The Tools & Actions feature represents an evolution from simple Q&A to action-based AI assistants. A typical workflow example involves a salesperson asking about key initiatives for a prospect, where the assistant could:
This expansion in capabilities introduces significant complexity in terms of reliability, debugging, and observability.
The core technical challenge Mendable faced was the “black box” nature of agent execution. When building applications that depend on agentic behavior, reliability and observability become critical concerns. Understanding the key interactions and decisions within an agent loop is inherently tricky, especially when the agent has access to multiple resources and is embedded in a production pipeline.
A specific design feature that introduced complexity was allowing users to create custom tools via API calls. Users could input tags like <ai-generated-value> when creating API requests, which the AI would fill at request time based on the user’s question and the schema. This “just-in-time” AI input/output pattern created numerous moving parts that were difficult to debug.

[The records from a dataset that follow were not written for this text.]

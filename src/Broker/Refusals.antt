-- ===== src/Broker/Refusals.antt =====
-- Deprovision, where bindings are left: it refuses, and touches neither the records nor the server.
use osb_opengauss_go.Prelude.{
  ◌≡◌, refl, ap, ◌∙◌, false, true, Bool, ltb, length, none, some, Option, List, Text,
}
use osb_opengauss_go.Result.{Result, ok, err}
use osb_opengauss_go.Exec.{Exec, guard_not, continue, lift, guard_not-eq-ok, relabel-eq-ok, ◌>>=◌}
use osb_opengauss_go.World.{World}
use osb_opengauss_go.State.{
  BindingRecord, BindingInfo, get_instance, read_bindings, bindings_for_instance,
}
use osb_opengauss_go.Broker.{Broker, Details, Error, require, call, fault, err_instance_not_found}
use osb_opengauss_go.Broker.Rows.{Rows, Views, rows, IsStore, Keeps, keeps_rules}
use osb_opengauss_go.Broker.Access.{
  get_instance-Keeps, bindings_for_instance-Keeps, bindings_for_instance-none,
}
use osb_opengauss_go.Broker.Lookups.{check_service-Keeps}
use osb_opengauss_go.Broker.Handlers.{check_service, refuse_bound, deprovision}

module _ {I B S R E A : Type 0} (v : Views I B) (s : Rows) where
  -- from the records `s` the method ends in an error, with the records and the server as they were
  pub record Refuses (m : Exec (World I B S R) E A) : Type 0 where
    pub at :
        (w : World I B S R)
        → rows v w ≡ s
        → (e : E) × ((m w).0 ≡ err e) × (rows v (m w).1 ≡ s) × ((m w).1.server ≡ w.server)

module _ {I B S R E A C : Type 0} (v : Views I B) (s : Rows) where
  Refuses-continue :
      (r : Result E A) (f : A → Exec (World I B S R) E C)
      → ((a : A) → r ≡ ok a → Refuses v s (f a))
      → Refuses v s (λ w. continue r f w)
  Refuses-continue (ok a) f h = h a refl
  Refuses-continue (err e) f h = record { at = λ w same. (e, refl, same, refl) }

  Refuses-bind :
      (m : Exec (World I B S R) E A) (f : A → Exec (World I B S R) E C)
      → Keeps v m
      → ((w : World I B S R) → (m w).1.server ≡ w.server)
      → ((w : World I B S R) (a : A) → rows v w ≡ s → (m w).0 ≡ ok a → Refuses v s (f a))
      → Refuses v s (m >>= f)
  Refuses-bind m f keeps quiet rest = record {
    at = λ w same.
        let (e, failed, kept, still) =
          (Refuses-continue (m w).0 f (λ a r. rest w a same r)).at (m w).1 (keeps.at w ∙ same) in
        (e, failed, kept, still ∙ quiet w);
  }

module _ {I B S R E : Type 0} where
  guard_quiet : (c : Bool) (e : E) (w : World I B S R) → (guard_not c e w).1.server ≡ w.server
  guard_quiet true e w = refl
  guard_quiet false e w = refl

module _ {I B S R A : Type 0} where
  require_quiet :
      (e : Error) (o : Option A) (w : World I B S R) → (require e o w).1.server ≡ w.server
  require_quiet e none w = refl
  require_quiet e (some a) w = refl

module _ {W E A C : Type 0} where
  continue-lift :
      (r : Result E A) (f : A → Result E C) (w : W) → (continue r (λ a. lift (f a)) w).1 ≡ w
  continue-lift (ok a) f w = refl
  continue-lift (err e) f w = refl

module _ {F I B S R : Type 0} (b : Broker F I B S R) where
  check_service_quiet : (i : Text) (w : World I B S R) → (check_service b i w).1.server ≡ w.server
  unfolding check_service
  check_service_quiet i w = guard_quiet _ _ w

  get_instance_quiet :
      (id : Text) (w : World I B S R) → (call (get_instance b.store id) w).1.server ≡ w.server
  unfolding get_instance
  get_instance_quiet id w = refl

  bindings_for_instance_quiet :
      (id : Text) (w : World I B S R)
      → (call (bindings_for_instance b.store id) w).1.server ≡ w.server
  unfolding bindings_for_instance
  bindings_for_instance_quiet id w =
      ap (λ (x : World I B S R). x.server) (continue-lift _ (read_bindings b.store) _)

  refuse_bound_quiet :
      (infos : List BindingInfo) (w : World I B S R) → (refuse_bound b infos w).1.server ≡ w.server
  unfolding refuse_bound
  refuse_bound_quiet infos w = guard_quiet _ _ w

  refused_bound :
      (infos : List BindingInfo) (w : World I B S R) (u : Unit {0})
      → (refuse_bound b infos w).0 ≡ ok u
      → ltb 0 (length infos) ≡ false
  unfolding refuse_bound
  refused_bound infos w u h = guard_not-eq-ok _ _ w h

  module _ (v : Views I B) (laws : IsStore v b.store) (s : Rows) where
    refuse_bound-Keeps : (infos : List BindingInfo) → Keeps v (refuse_bound b infos)
    unfolding refuse_bound
    refuse_bound-Keeps infos = search keeps_rules

    -- Where a binding record of the instance is left, Deprovision ends in an error, whatever the
    -- request holds and whichever call fails, and neither the records nor the database server have
    -- changed.
    pub deprovision-Refuses :
        (id : Text) (details : Details) (k : Text) (r : BindingRecord)
        → s.bindings k ≡ some r
        → r.instance_id ≡ id
        → Refuses v s (deprovision b id details)
    unfolding deprovision
    deprovision-Refuses id details k r there same =
        Refuses-bind v s (check_service b details.service_id) _
          (check_service-Keeps b v details.service_id) (check_service_quiet details.service_id)
          λ w0 u e0 r0.
            Refuses-bind v s (call (get_instance b.store id)) _
              (search (keeps_rules, get_instance-Keeps b.store v laws)) (get_instance_quiet id)
              λ w1 o e1 r1.
                Refuses-bind v s (require err_instance_not_found o) _ (search keeps_rules)
                  (require_quiet err_instance_not_found o)
                  λ w2 old e2 r2.
                    Refuses-bind v s (call (bindings_for_instance b.store id)) _
                      (search (keeps_rules, bindings_for_instance-Keeps b.store v laws))
                      (bindings_for_instance_quiet id)
                      λ w3 infos e3 r3.
                        Refuses-bind v s (refuse_bound b infos) _ (refuse_bound-Keeps infos)
                          (refuse_bound_quiet infos)
                          λ w4 u4 e4 r4. absurd (
                            bindings_for_instance-none b.store v laws id w3 infos
                              (relabel-eq-ok fault (bindings_for_instance b.store id) w3 r3)
                              (refused_bound infos w4 u4 r4) k r
                              (ap (λ (q : Rows). q.bindings k) e3 ∙ there) same)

Before implementing proper observability tooling, the development process was cluttered with console.log statements throughout the codebase and suffered from high-latency debugging runs. Trying to understand why a tool wasn’t being called or why an API request had failed became what the author describes as a “nightmare.” There was no proper visibility into the agentic behavior or whether custom tools were working as expected.
Mendable was already using LangChain’s OpenAI tool agents, which made the integration with LangSmith straightforward. LangSmith provided the observability capabilities needed to understand agent behavior in production.
When tracing is enabled in LangChain, the application captures and displays a detailed visualization of the run’s call hierarchy. This feature allows developers to explore:
This visibility proved immediately valuable. The case study describes an example where, upon connecting LangSmith to the Tools & Actions module, the team quickly spotted problems that were previously invisible. One trace revealed that a call to ChatOpenAI was taking 7.23 seconds—an unusually long time. Upon investigation, they discovered that the prompt had concatenated all of their RAG pipeline prompts and sources with the Tools & Actions content, leading to significant delays in the streaming process. This insight allowed them to optimize which chunks of the prompt needed to be used by the Tools & Actions module, reducing overall latency.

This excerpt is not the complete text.